What you should do:
Your response must consist of one number: how many lines in this material contain the word "times".

***

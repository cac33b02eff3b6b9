-- ===== src/SpeechArray/Reader/Plain.antt =====
-- What `SpeechArrayRead` of speech/src/speecharray.c delivers from a stream that starts with sound.
use program_learning.Prelude.{
  ℕ, zero, suc, ◌+◌, ◌-◌, ◌*◌, ◌/◌, ◌%◌, ◌≤◌, ◌<◌, ◌≡◌, ◌≢◌, refl, ap, ap₂, ◌∙◌, false, none, some,
  List, [], ◌++◌, arith, ◌==◌, ◌>>=◌, length, take, drop, length-append, length-take, length-drop,
  append-nil, take-append-drop,
}
use program_learning.Prelude.Int.{ℤ, pos, negsuc}
use program_learning.SpeechArray.{skip_data}
use program_learning.SpeechArray.Format.{samples}
use program_learning.SpeechArray.Skip.{Sounds, skip_data-Junk}
use program_learning.SpeechArray.Reader.{
  Handle, Reading, copy_in, finish, read_size, bounded, read_round, after_read, ask, read_loop,
  speech_array_read,
}
use program_learning.SpeechArray.Reader.Keep.{copy_in-lem, finish-lem}
use program_learning.SpeechArray.Reader.Ready.{Ready, Junk-Sounds, chained, accepted, round_up-le}

module _ {σ : Type 0} (pcm_read : σ → ℕ → ℤ × List ℕ × σ) where
  -- The device refuses `k` reads of `n` bytes, and stores nothing.
  pub data Fails (n : ℕ) : ℕ → σ → σ → Type 0 where
    at_once : {dev : σ} → Fails n 0 dev dev
    again :
        {k c : ℕ} {dev dev' dev'' : σ}
        → pcm_read dev n ≡ (negsuc c, [], dev')
        → Fails n k dev' dev''
        → Fails n (suc k) dev dev''

  module _ (h : Handle) (p w q : ℕ) (ready : Ready h p w q) (n : ℕ) (asks : read_size h n ≡ 4 * w)
      (long : 12 ≤ n) where
    abbrev start : Reading
    start = record {
      buffer = h.buffer;
      at = h.data_size;
      avail_size = h.data_size;
      read_bytes = read_size h n;
      check_skip = false;
    }

    asked : 0 < w → (dev : σ) → ask pcm_read start dev ≡ pcm_read dev (4 * w)
    asked some_asked dev = rw asks (rw not_zero)
      where
        not_zero : (4 * w == 0) ≡ false
        not_zero = ground arith

    kept : copy_in h.buffer h.data_size [] ≡ some h.buffer
    kept =
        ap (λ a. copy_in h.buffer a []) ready.left
        ∙ copy_in-lem h.buffer [] p (omega (arith, ready.room, ready.buffer_size))
        ∙ ap some (
            ap₂ (λ l k. l ++ drop k h.buffer) (append-nil (take p h.buffer)) (omega arith)
            ∙ take-append-drop p h.buffer)

    refused :
        0 < w
        → (fuel c : ℕ) (dev dev' : σ) → pcm_read dev (4 * w) ≡ (negsuc c, [], dev')
        → read_loop pcm_read (suc fuel) h n start dev ≡ read_loop pcm_read fuel h n start dev'
    unfolding read_loop read_round
    refused some_asked fuel c dev dev' e =
        ap (read_round h n (read_loop pcm_read fuel h n) start) (asked some_asked dev ∙ e) ∙ rw kept

    pub enough : n ≤ p + w
    enough = ground (
      arith,
      asks,
      ready,
      product,
      round_up-le (n * h.ratio - h.data_size) h.hw_align ready.aligned,
    )
      where
        product : n * h.ratio ≡ n * 4
        product = ap (λ r. n * r) ready.ratio_4

    unending :
        0 < w
        → ((dev : σ) → (c : ℕ) × (dev' : σ) × pcm_read dev (4 * w) ≡ (negsuc c, [], dev'))
        → (fuel : ℕ) (dev : σ) → read_loop pcm_read fuel h n start dev ≡ none
    unfolding read_loop
    unending some_asked broken zero dev = refl
    unending some_asked broken (suc fuel) dev =
        let (c, dev', e) = broken dev in
        refused some_asked fuel c dev dev' e ∙ unending some_asked broken fuel dev'

    -- With a ready handle, a length that is accepted and bounded to twelve bytes or more, and a
    -- device that refuses every read, `SpeechArrayRead` does not return, whatever the fuel.
    pub speech_array_read-never_returns :
        0 < w
        → (fuel len : ℕ) (dev : σ) → len ≢ 0
        → len % h.out_align ≡ 0
        → bounded h len ≡ n
        → ((dev : σ) → (c : ℕ) × (dev' : σ) × pcm_read dev (4 * w) ≡ (negsuc c, [], dev'))
        → speech_array_read pcm_read fuel (some h) len dev ≡ none
    unfolding speech_array_read
    speech_array_read-never_returns some_asked fuel len dev full fits same broken =
        rw (accepted h len full fits, same, unending some_asked broken fuel dev)

    -- The words of the last call and those that arrive, before what the buffer had there.
    abbrev pub stream : List ℕ → List ℕ
    stream ws = take p h.buffer ++ ws ++ drop (p + length ws) h.buffer

    module _ (ws : List ℕ) (arrived : length ws ≡ w) (sound : Sounds (stream ws) 0) where
      length-stream : length (stream ws) ≡ q
      length-stream = omega (
        arith,
        length-append {0} (take p h.buffer ++ ws) (drop (p + length ws) h.buffer),
        length-append {0} (take p h.buffer) ws,
        length-take p h.buffer,
        length-drop (p + length ws) h.buffer,
        ready.room,
        ready.buffer_size,
      )

      nothing_skipped : skip_data (stream ws) (4 * (p + w)) ≡ some (pos 0)
      nothing_skipped =
          let (m, e, junk, l, r) =
            skip_data-Junk (stream ws) (4 * (p + w)) (omega (arith, enough))
              (omega (arith, length-stream, ready.room)) in
          e ∙ ap (λ k. some (pos (4 * k))) (Junk-Sounds junk sound)

      finished :
          (fuel : ℕ) (dev dev' : σ)
          → ask pcm_read start dev ≡ (pos 0, ws, dev')
          → read_loop pcm_read (suc fuel) h n start dev
            ≡ (finish h n (stream ws) (4 * (p + w)) >>= λ d. some (d, dev'))
      unfolding read_loop read_round after_read
      finished fuel dev dev' e =
          ap (read_round h n (read_loop pcm_read fuel h n) start) e
          ∙ (rw filled)
          ∙ ap (λ v. after_read h n (read_loop pcm_read fuel h n) start (stream ws) v dev') total
          ∙ rw nothing_skipped
        where
          filled : copy_in h.buffer h.data_size ws ≡ some (stream ws)
          filled =
              ap (λ a. copy_in h.buffer a ws) ready.left
              ∙ copy_in-lem h.buffer ws p (omega (arith, ready.room, ready.buffer_size))

          total : h.data_size + read_size h n ≡ 4 * (p + w)
          total = omega (arith, ready.left, asks)

      retried :
          0 < w
          → (fuel : ℕ) {k : ℕ} {dev dev' dev'' : σ} → Fails (4 * w) k dev dev'
          → k < fuel
          → pcm_read dev' (4 * w) ≡ (pos 0, ws, dev'')
          → read_loop pcm_read fuel h n start dev
            ≡ (finish h n (stream ws) (4 * (p + w)) >>= λ d. some (d, dev''))
      retried some_asked zero f l e = absurd (omega arith)
      retried some_asked (suc fuel) at_once l e = finished fuel _ _ (asked some_asked _ ∙ e)
      retried some_asked (suc fuel) (again {c = c} r f) l e =
          refused some_asked fuel c _ _ r ∙ retried some_asked fuel f (omega arith) e

      -- The end of a call whose loop ends.
      ended :
          (fuel len : ℕ) (dev dev'' : σ)
          → len ≢ 0
          → len % h.out_align ≡ 0
          → bounded h len ≡ n
          → p + w ≤ n + n
          → read_loop pcm_read fuel h n start dev
            ≡ (finish h n (stream ws) (4 * (p + w)) >>= λ d. some (d, dev''))
          → let out = samples 0 (n / 12 * 12) (stream ws) in
            (b : List ℕ) × (speech_array_read pcm_read fuel (some h) len dev
              ≡ some (
                some (record {
                  ret = 4 * length out;
                  buff = out;
                  handle = record h { buffer = b; data_size = 4 * (p + w - n) };
                }),
                dev'',
              ))
            × (take (p + w - n) b ≡ take (p + w - n) (drop n (stream ws)))
            × (length b ≡ q)
      unfolding speech_array_read
      ended fuel len dev dev'' full fits same apart loop =
          let (b, done, kept_words, size) =
            finish-lem h q ready.whole (stream ws) n (p + w) length-stream long enough
              (omega (arith, ready.room)) apart (omega (arith, enough, ready.room)) in
          (
            b,
            rw (accepted h len full fits, same, loop)
                  (chained (finish h n (stream ws) (4 * (p + w))) dev'')
                ∙ ap (λ o. o >>= λ d. some (some d, dev'')) done,
            kept_words,
            size,
          )

      -- A ready handle, a length that is accepted and bounded to twelve bytes or more, and a device
      -- that refuses `k` reads and then gives the words asked for: with fuel for the refused reads
      -- and one more, `SpeechArrayRead` returns, if no more words are left than it parses, so that the
      -- `memcpy` of the rest does not overlap. If a sample with sound starts the stream, it delivers
      -- the samples of the length, six channels each, and keeps in the buffer, in order, the words of
      -- the stream behind them.
      pub speech_array_read-delivers :
          0 < w
          → (fuel len : ℕ) {k : ℕ} {dev dev' dev'' : σ} → len ≢ 0
          → len % h.out_align ≡ 0
          → bounded h len ≡ n
          → p + w ≤ n + n
          → Fails (4 * w) k dev dev'
          → k < fuel
          → pcm_read dev' (4 * w) ≡ (pos 0, ws, dev'')
          → let out = samples 0 (n / 12 * 12) (stream ws) in
            (b : List ℕ) × (speech_array_read pcm_read fuel (some h) len dev
              ≡ some (
                some (record {
                  ret = 4 * length out;
                  buff = out;
                  handle = record h { buffer = b; data_size = 4 * (p + w - n) };
                }),
                dev'',
              ))
            × (take (p + w - n) b ≡ take (p + w - n) (drop n (stream ws)))
            × (length b ≡ q)
      speech_array_read-delivers some_asked fuel len {dev = dev} {dev'' = dev''} full fits same
            apart fails l e =
          ended fuel len dev dev'' full fits same apart (retried some_asked fuel fails l e)

      -- With all the words of the length left from the last call, it delivers them without a read.
      pub speech_array_read-still :
          (fuel len : ℕ) (dev : σ)
          → w ≡ 0
          → ws ≡ []
          → len ≢ 0
          → len % h.out_align ≡ 0
          → bounded h len ≡ n
          → p + w ≤ n + n
          → let out = samples 0 (n / 12 * 12) (stream ws) in
            (b : List ℕ) × (speech_array_read pcm_read (suc fuel) (some h) len dev
              ≡ some (
                some (record {
                  ret = 4 * length out;
                  buff = out;
                  handle = record h { buffer = b; data_size = 4 * (p + w - n) };
                }),
                dev,
              ))
            × (take (p + w - n) b ≡ take (p + w - n) (drop n (stream ws)))
            × (length b ≡ q)
      speech_array_read-still fuel len dev none_asked nothing full fits same apart =
          ended (suc fuel) len dev dev full fits same apart (finished fuel dev dev unasked)
        where
          unasked : ask pcm_read start dev ≡ (pos 0, ws, dev)
          unasked = rw (asks, none_asked, nothing) refl
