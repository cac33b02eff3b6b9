-- ===== src/SpeechArray/Reader/First/Whole.antt =====
-- What `SpeechArrayRead1` of speech/src/speecharray.c delivers from a stream that starts with sound.
use program_learning.Prelude.{
  take-front, ℕ, zero, suc, ◌+◌, ◌-◌, ◌*◌, ◌/◌, ◌%◌, ◌≤◌, ◌<◌, ◌≡◌, ◌≢◌, refl, ap, ap₂, ◌∙◌, false,
  some, List, [], ◌++◌, arith, ltb, ◌>>=◌, length, take, drop, length-append, length-take,
  length-drop, append-nil, take-append-drop,
}
use program_learning.Prelude.Int.{ℤ, pos, negsuc}
use program_learning.SpeechArray.{skip_data, parse_data_int32}
use program_learning.SpeechArray.Format.{samples}
use program_learning.SpeechArray.Skip.{Sounds, skip_data-Junk}
use program_learning.SpeechArray.Reader.{Handle, copy_in, bounded}
use program_learning.SpeechArray.Reader.Keep.{
  copy_in-lem, words_of-times, keep_rest-lem, parse_data_int32-words, drop-over, length-over,
}
use program_learning.SpeechArray.Reader.Ready.{Ready, Junk-Sounds, chained, accepted}
use program_learning.SpeechArray.Reader.Plain.{Fails, at_once, again}
use program_learning.SpeechArray.Reader.First.{
  deliver_all, read_size1, read_round1, after_read1, read_loop1, start1, speech_array_read1,
}

-- The end of a call, with `v` words in the buffer.
deliver_all-lem :
    (h : Handle) (q : ℕ) (mem : List ℕ) (v : ℕ)
    → length mem ≡ q
    → 12 ≤ v
    → v + 11 ≤ q
    → v ≤ 8 * length (samples 0 (v / 12 * 12) mem)
    → let out = samples 0 (v / 12 * 12) mem in
      (b : List ℕ) × (deliver_all h mem (4 * v)
        ≡ some (record {
          ret = 4 * length out;
          buff = out;
          handle = record h { buffer = b; data_size = 4 * (v - 4 * length out) };
        }))
      × (take (v - 4 * length out) b ≡ take (v - 4 * length out) (drop (4 * length out) mem))
      × (length b ≡ q)
unfolding deliver_all
deliver_all-lem h q mem v e l room apart =
    let (b, runs, front, same) =
      keep_rest-lem q parsed (4 * length out) (v - 4 * length out) (4 * length out) length-parsed
        (omega (arith, apart)) (omega (arith, parses.1)) (omega (arith, parses.1)) in
    (
      b,
      rw (parses.0, words_of-times (length out), fits, from, left, runs, taken),
      front ∙ ap (take (v - 4 * length out)) (drop-over out mem (4 * length out) (omega arith)),
      same,
    )
  where
    out : List ℕ
    out = samples 0 (v / 12 * 12) mem

    parsed : List ℕ
    parsed = out ++ drop (length out) mem

    parses :
        (parse_data_int32 mem (4 * v) ≡ some (parsed, pos (4 * length out))) × (4 * length out ≤ v)
    parses = parse_data_int32-words mem v l (omega (arith, e))

    length-parsed : length parsed ≡ q
    length-parsed = length-over out mem (omega (arith, parses.1, e)) ∙ e

    from : 4 * length out * 4 ≡ 4 * (4 * length out)
    from = omega arith

    fits : ltb (4 * v) (4 * length out * 4) ≡ false
    fits = ground (arith, parses.1)

    left : 4 * v - 4 * (4 * length out) ≡ 4 * (v - 4 * length out)
    left = omega arith

    taken : take (length out) parsed ≡ out
    taken = take-front out (drop (length out) mem) (length out) refl

module _ {σ : Type 0} (pcm_read : σ → ℕ → ℤ × List ℕ × σ) (h : Handle) (p w q : ℕ)
    (ready : Ready h p w q) where
  kept : copy_in h.buffer h.data_size [] ≡ some h.buffer
  kept =
      ap (λ a. copy_in h.buffer a []) ready.left
      ∙ copy_in-lem h.buffer [] p (omega (arith, ready.room, ready.buffer_size))
      ∙ ap some (
          ap₂ (λ l k. l ++ drop k h.buffer) (append-nil (take p h.buffer)) (omega arith)
          ∙ take-append-drop p h.buffer)

  refused :
      (fuel c : ℕ) (dev dev' : σ)
      → pcm_read dev (4 * w) ≡ (negsuc c, [], dev')
      → read_loop1 pcm_read (suc fuel) h (start1 h (4 * w)) dev
        ≡ read_loop1 pcm_read fuel h (start1 h (4 * w)) dev'
  unfolding read_loop1 read_round1
  refused fuel c dev dev' e =
      ap (read_round1 h (read_loop1 pcm_read fuel h) (start1 h (4 * w))) e ∙ rw kept

  -- The words of the last call and those that arrive, before what the buffer had there.
  abbrev pub stream : List ℕ → List ℕ
  stream ws = take p h.buffer ++ ws ++ drop (p + length ws) h.buffer

  module _ (ws : List ℕ) (arrived : length ws ≡ w) (sound : Sounds (stream ws) 0)
      (long : 12 ≤ p + w) where
    length-stream : length (stream ws) ≡ q
    length-stream = omega (
      arith,
      length-append {0} (take p h.buffer ++ ws) (drop (p + length ws) h.buffer),
      length-append {0} (take p h.buffer) ws,
      length-take p h.buffer,
      length-drop (p + length ws) h.buffer,
      ready.room,
      ready.buffer_size,
    )

    nothing_skipped : skip_data (stream ws) (4 * (p + w)) ≡ some (pos 0)
    nothing_skipped =
        let (m, e, junk, l, r) =
          skip_data-Junk (stream ws) (4 * (p + w)) (omega (arith, long))
            (omega (arith, length-stream, ready.room)) in
        e ∙ ap (λ k. some (pos (4 * k))) (Junk-Sounds junk sound)

    retried :
        (fuel : ℕ) {k : ℕ} {dev dev' dev'' : σ}
        → Fails pcm_read (4 * w) k dev dev'
        → k < fuel
        → pcm_read dev' (4 * w) ≡ (pos 0, ws, dev'')
        → read_loop1 pcm_read fuel h (start1 h (4 * w)) dev
          ≡ (deliver_all h (stream ws) (4 * (p + w)) >>= λ d. some (d, dev''))
    unfolding read_loop1 read_round1 after_read1
    retried zero f l e = absurd (omega arith)
    retried (suc fuel) {dev'' = dev''} at_once l e =
        ap (read_round1 h (read_loop1 pcm_read fuel h) (start1 h (4 * w))) e
        ∙ (rw filled)
        ∙ ap
            (λ v. after_read1 h (read_loop1 pcm_read fuel h) (start1 h (4 * w)) (stream ws) v dev'')
            total
        ∙ rw nothing_skipped
      where
        filled : copy_in h.buffer h.data_size ws ≡ some (stream ws)
        filled =
            ap (λ a. copy_in h.buffer a ws) ready.left
            ∙ copy_in-lem h.buffer ws p (omega (arith, ready.room, ready.buffer_size))

        total : h.data_size + 4 * w ≡ 4 * (p + w)
        total = omega (arith, ready.left)
    retried (suc fuel) (again {c = c} r f) l e =
        refused fuel c _ _ r ∙ retried fuel f (omega arith) e

    -- A ready handle, a length that is accepted and for which the call asks `w` words, and a device
    -- that refuses `k` reads and then gives them: with fuel for the refused reads and one more,
    -- `SpeechArrayRead1` returns. If a sample with sound starts the stream and there are twelve words
    -- of it, and not more words are left than were delivered, it delivers all whole samples that are there, six channels each, whatever the length,
    -- and keeps in the buffer, in order, the words behind four times what it delivers.
    pub speech_array_read1-delivers :
        (fuel len : ℕ) {k : ℕ} {dev dev' dev'' : σ}
        → len ≢ 0
        → len % h.out_align ≡ 0
        → read_size1 h (bounded h len) ≡ some (4 * w)
        → Fails pcm_read (4 * w) k dev dev'
        → k < fuel
        → pcm_read dev' (4 * w) ≡ (pos 0, ws, dev'')
        → p + w ≤ 8 * length (samples 0 ((p + w) / 12 * 12) (stream ws))
        → let out = samples 0 ((p + w) / 12 * 12) (stream ws) in
          (b : List ℕ) × (speech_array_read1 pcm_read fuel (some h) len dev
            ≡ some (
              some (record {
                ret = 4 * length out;
                buff = out;
                handle = record h { buffer = b; data_size = 4 * (p + w - 4 * length out) };
              }),
              dev'',
            ))
          × (take (p + w - 4 * length out) b
              ≡ take (p + w - 4 * length out) (drop (4 * length out) (stream ws)))
          × (length b ≡ q)
    unfolding speech_array_read1
    speech_array_read1-delivers fuel len {dev = dev} {dev'' = dev''} full fits asks fails l e
          apart =
        let (b, done, kept_words, size) =
          deliver_all-lem h q (stream ws) (p + w) length-stream long ready.room apart in
        (b, entered ∙ ap (λ o. o >>= λ d. some (some d, dev'')) done, kept_words, size)
      where
        entered :
            speech_array_read1 pcm_read fuel (some h) len dev
            ≡ (deliver_all h (stream ws) (4 * (p + w)) >>= λ d. some (some d, dev''))
        entered =
            rw (accepted h len full fits, asks, retried fuel fails l e)
              (chained (deliver_all h (stream ws) (4 * (p + w))) dev'')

***

Solution to this problem:
3